TASK TO COMPLETE :: Copy the data precisely, keeping every character.

DATA FOR THE TASK ::
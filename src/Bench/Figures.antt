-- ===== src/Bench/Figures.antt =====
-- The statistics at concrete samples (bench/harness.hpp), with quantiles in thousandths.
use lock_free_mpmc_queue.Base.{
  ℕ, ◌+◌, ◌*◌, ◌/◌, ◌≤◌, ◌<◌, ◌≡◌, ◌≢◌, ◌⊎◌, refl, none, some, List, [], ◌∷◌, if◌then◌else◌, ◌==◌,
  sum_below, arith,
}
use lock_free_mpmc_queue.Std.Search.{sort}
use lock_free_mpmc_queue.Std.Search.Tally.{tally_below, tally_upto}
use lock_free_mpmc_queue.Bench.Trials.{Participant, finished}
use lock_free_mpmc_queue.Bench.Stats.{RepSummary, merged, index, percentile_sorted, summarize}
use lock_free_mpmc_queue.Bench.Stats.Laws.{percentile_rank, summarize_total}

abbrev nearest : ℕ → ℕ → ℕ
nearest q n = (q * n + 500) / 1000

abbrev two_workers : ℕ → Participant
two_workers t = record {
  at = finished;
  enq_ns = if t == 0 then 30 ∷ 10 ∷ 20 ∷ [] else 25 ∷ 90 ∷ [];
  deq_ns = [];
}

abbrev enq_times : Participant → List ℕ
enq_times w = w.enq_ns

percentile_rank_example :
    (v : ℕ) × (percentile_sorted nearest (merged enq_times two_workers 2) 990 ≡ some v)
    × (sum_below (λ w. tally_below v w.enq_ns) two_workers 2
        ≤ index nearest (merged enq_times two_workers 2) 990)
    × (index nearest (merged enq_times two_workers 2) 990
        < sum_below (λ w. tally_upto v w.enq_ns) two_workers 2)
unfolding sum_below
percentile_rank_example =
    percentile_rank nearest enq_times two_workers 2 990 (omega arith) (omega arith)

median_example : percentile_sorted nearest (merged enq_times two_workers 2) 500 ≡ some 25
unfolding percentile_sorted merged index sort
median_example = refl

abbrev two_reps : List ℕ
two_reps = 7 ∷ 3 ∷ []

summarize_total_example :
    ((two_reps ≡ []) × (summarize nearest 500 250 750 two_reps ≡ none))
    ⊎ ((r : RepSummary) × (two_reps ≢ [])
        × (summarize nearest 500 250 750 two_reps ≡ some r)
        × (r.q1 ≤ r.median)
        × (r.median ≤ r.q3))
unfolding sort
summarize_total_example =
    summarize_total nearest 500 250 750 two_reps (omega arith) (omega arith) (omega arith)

SOLUTION TO THE EXERCISE ::
filename src/Bench/Figures.antt
-- ===== src/Bench/Figures.antt =====
-- The statistics at concrete samples (bench/harness.hpp), with quantiles in thousandths.
use lock_free_mpmc_queue.Base.{
  ℕ, ◌+◌, ◌*◌, ◌/◌, ◌≤◌, ◌<◌, ◌≡◌, ◌≢◌, ◌⊎◌, refl, none, some, List, [], ◌∷◌, if◌then◌else◌, ◌==◌,
  sum_below, arith,
}
use lock_free_mpmc_queue.Std.Search.{sort}
use lock_free_mpmc_queue.Std.Search.Tally.{tally_below, tally_upto}
use lock_free_mpmc_queue.Bench.Trials.{Participant, finished}
use lock_free_mpmc_queue.Bench.Stats.{RepSummary, merged, index, percentile_sorted, summarize}
use lock_free_mpmc_queue.Bench.Stats.Laws.{percentile_rank, summarize_total}

abbrev nearest : ℕ → ℕ → ℕ
nearest q n = (q * n + 500) / 1000

abbrev two_workers : ℕ → Participant
two_workers t = record {
  at = finished;
  enq_ns = if t == 0 then 30 ∷ 10 ∷ 20 ∷ [] else 25 ∷ 90 ∷ [];
  deq_ns = [];
}

abbrev enq_times : Participant → List ℕ
enq_times w = w.enq_ns

percentile_rank_example :
    (v : ℕ) × (percentile_sorted nearest (merged enq_times two_workers 2) 990 ≡ some v)
    × (sum_below (λ w. tally_below v w.enq_ns) two_workers 2
        ≤ index nearest (merged enq_times two_workers 2) 990)
    × (index nearest (merged enq_times two_workers 2) 990
        < sum_below (λ w. tally_upto v w.enq_ns) two_workers 2)
unfolding sum_below
percentile_rank_example =
    percentile_rank nearest enq_times two_workers 2 990 (omega arith) (omega arith)

median_example : percentile_sorted nearest (merged enq_times two_workers 2) 500 ≡ some 25
unfolding percentile_sorted merged index sort
median_example = refl

abbrev two_reps : List ℕ
two_reps = 7 ∷ 3 ∷ []

summarize_total_example :
    ((two_reps ≡ []) × (summarize nearest 500 250 750 two_reps ≡ none))
    ⊎ ((r : RepSummary) × (two_reps ≢ [])
        × (summarize nearest 500 250 750 two_reps ≡ some r)
        × (r.q1 ≤ r.median)
        × (r.median ≤ r.q3))
unfolding sort
summarize_total_example =
    summarize_total nearest 500 250 750 two_reps (omega arith) (omega arith) (omega arith)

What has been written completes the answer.